"""
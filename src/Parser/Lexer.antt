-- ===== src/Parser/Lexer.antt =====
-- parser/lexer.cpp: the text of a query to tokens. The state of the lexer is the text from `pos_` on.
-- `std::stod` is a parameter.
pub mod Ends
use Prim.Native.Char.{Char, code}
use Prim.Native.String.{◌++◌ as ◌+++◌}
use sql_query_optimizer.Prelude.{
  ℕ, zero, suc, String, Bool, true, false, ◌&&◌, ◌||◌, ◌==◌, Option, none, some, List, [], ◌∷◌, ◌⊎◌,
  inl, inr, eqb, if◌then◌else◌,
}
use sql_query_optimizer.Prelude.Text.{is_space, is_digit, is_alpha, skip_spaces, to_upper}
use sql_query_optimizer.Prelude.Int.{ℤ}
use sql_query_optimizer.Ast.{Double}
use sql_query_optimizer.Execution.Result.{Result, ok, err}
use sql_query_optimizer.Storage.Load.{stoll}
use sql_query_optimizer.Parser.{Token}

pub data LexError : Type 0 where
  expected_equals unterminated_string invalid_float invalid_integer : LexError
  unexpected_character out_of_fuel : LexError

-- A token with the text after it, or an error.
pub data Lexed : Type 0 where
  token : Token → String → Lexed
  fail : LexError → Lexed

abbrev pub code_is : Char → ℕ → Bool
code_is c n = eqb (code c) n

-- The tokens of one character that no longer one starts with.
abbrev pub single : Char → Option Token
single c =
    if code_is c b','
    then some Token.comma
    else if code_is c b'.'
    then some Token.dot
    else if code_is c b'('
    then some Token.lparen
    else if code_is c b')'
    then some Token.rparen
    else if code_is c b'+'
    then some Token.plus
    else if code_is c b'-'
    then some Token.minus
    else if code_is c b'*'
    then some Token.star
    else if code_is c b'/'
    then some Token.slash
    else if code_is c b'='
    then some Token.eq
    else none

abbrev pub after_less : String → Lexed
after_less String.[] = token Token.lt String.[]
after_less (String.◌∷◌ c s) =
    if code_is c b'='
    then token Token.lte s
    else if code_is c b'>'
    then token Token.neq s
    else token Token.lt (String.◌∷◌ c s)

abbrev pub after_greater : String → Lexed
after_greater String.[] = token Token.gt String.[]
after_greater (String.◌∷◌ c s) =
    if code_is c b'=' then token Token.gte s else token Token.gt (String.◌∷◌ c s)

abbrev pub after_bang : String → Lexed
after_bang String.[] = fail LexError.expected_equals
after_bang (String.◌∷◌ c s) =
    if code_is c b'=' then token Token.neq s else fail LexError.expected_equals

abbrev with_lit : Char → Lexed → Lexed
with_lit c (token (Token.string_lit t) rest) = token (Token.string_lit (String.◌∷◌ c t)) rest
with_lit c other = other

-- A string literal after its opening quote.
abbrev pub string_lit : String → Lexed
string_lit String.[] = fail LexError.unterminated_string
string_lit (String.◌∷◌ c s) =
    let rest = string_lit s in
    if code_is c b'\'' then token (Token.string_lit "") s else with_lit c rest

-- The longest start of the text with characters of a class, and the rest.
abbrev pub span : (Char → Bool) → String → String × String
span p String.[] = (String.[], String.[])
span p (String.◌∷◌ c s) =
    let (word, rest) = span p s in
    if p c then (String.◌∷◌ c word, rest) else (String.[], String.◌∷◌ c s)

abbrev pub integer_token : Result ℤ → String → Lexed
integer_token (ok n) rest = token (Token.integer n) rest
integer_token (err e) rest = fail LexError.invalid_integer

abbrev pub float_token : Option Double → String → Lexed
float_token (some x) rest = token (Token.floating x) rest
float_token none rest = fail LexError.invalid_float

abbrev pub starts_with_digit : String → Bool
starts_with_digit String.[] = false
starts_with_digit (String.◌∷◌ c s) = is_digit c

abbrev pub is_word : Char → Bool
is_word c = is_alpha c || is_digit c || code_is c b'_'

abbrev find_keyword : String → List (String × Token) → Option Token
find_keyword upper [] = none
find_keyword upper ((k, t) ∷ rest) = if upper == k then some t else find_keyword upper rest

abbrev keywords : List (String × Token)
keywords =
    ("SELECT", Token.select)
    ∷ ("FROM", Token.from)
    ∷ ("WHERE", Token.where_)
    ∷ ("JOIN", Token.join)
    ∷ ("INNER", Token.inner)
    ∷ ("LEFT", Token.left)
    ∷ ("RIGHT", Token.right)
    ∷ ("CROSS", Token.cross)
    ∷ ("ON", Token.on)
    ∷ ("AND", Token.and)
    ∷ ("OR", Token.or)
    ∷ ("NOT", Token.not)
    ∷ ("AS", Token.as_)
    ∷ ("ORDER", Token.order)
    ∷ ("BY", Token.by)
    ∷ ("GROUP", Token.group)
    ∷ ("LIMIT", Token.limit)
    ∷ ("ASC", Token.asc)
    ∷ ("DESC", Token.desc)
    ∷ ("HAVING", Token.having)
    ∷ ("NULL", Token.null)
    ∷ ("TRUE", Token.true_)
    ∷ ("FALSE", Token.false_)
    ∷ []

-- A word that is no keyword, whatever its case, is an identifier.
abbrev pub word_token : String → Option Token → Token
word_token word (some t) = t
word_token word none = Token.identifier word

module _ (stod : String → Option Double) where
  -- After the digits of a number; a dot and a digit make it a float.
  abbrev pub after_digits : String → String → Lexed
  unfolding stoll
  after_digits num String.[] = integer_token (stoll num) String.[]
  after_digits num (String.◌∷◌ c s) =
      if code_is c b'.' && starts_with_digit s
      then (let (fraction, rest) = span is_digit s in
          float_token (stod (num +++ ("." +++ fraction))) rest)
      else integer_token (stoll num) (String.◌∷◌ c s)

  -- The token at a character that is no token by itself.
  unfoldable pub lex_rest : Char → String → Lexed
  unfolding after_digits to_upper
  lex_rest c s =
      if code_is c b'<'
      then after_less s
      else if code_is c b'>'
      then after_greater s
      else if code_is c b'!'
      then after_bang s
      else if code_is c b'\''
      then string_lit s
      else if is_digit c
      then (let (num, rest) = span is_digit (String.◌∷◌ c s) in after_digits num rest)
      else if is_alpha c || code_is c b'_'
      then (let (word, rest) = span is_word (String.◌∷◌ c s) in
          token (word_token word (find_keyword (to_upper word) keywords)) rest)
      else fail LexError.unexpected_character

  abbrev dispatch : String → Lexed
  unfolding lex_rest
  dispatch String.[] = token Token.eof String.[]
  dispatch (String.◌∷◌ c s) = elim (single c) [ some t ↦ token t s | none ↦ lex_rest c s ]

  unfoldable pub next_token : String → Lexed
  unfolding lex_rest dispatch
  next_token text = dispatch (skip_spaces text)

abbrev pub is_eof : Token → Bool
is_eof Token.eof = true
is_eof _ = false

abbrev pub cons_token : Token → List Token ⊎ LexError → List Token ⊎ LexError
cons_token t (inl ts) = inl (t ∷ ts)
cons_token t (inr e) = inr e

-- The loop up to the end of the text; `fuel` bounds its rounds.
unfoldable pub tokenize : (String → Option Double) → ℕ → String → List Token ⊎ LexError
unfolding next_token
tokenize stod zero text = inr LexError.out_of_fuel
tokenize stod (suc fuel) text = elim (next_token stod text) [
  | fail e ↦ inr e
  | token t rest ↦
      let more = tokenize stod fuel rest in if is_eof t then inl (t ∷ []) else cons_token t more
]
"""
"""
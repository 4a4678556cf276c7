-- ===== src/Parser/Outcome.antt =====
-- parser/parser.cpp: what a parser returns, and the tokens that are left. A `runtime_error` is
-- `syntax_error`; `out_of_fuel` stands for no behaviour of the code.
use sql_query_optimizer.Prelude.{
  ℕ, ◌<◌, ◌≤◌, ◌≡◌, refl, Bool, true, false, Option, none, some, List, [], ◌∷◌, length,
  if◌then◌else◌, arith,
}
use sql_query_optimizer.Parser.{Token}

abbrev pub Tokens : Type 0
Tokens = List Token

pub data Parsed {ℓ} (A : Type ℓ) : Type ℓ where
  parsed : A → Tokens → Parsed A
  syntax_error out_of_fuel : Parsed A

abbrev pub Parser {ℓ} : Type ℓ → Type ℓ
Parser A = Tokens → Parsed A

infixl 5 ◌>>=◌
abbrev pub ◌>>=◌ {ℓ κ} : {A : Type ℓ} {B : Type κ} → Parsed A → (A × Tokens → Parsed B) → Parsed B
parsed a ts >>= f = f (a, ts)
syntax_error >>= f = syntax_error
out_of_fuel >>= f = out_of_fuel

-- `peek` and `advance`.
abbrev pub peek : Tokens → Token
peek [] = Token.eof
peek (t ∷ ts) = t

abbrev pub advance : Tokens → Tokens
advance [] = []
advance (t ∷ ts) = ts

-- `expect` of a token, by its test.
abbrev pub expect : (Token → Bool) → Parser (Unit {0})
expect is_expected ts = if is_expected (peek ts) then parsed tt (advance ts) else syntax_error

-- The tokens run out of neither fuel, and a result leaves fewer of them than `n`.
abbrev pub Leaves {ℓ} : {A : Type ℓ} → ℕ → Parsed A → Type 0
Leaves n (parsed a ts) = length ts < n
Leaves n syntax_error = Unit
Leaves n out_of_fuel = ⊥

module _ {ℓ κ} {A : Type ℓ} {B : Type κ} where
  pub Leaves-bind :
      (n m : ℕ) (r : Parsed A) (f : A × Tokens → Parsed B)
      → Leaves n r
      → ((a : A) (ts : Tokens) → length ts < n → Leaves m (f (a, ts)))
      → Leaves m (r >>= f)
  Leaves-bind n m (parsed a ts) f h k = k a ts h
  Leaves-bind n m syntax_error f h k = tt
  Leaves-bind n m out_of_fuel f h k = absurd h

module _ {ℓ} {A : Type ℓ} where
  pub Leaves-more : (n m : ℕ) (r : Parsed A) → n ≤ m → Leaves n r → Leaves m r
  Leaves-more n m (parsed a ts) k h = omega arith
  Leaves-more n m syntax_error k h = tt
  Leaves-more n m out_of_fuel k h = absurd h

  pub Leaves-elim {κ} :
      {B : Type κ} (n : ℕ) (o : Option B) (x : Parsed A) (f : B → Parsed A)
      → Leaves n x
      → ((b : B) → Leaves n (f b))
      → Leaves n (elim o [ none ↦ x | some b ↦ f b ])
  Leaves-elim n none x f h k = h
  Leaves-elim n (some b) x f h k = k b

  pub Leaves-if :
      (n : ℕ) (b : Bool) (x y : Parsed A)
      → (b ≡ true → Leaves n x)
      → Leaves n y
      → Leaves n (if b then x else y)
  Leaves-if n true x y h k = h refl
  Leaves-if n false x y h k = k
"""
Problem to solve
Your reply should hold every line from the data that contains "none", copied in full.

Exercise answer
  ℕ, zero, suc, String, Bool, true, false, ◌&&◌, ◌||◌, ◌==◌, Option, none, some, List, [], ◌∷◌, ◌⊎◌,
    else none
float_token none rest = fail LexError.invalid_float
find_keyword upper [] = none
word_token word none = Token.identifier word
  dispatch (String.◌∷◌ c s) = elim (single c) [ some t ↦ token t s | none ↦ lex_rest c s ]
  ℕ, ◌<◌, ◌≤◌, ◌≡◌, refl, Bool, true, false, Option, none, some, List, [], ◌∷◌, length,
      → Leaves n (elim o [ none ↦ x | some b ↦ f b ])
  Leaves-elim n none x f h k = h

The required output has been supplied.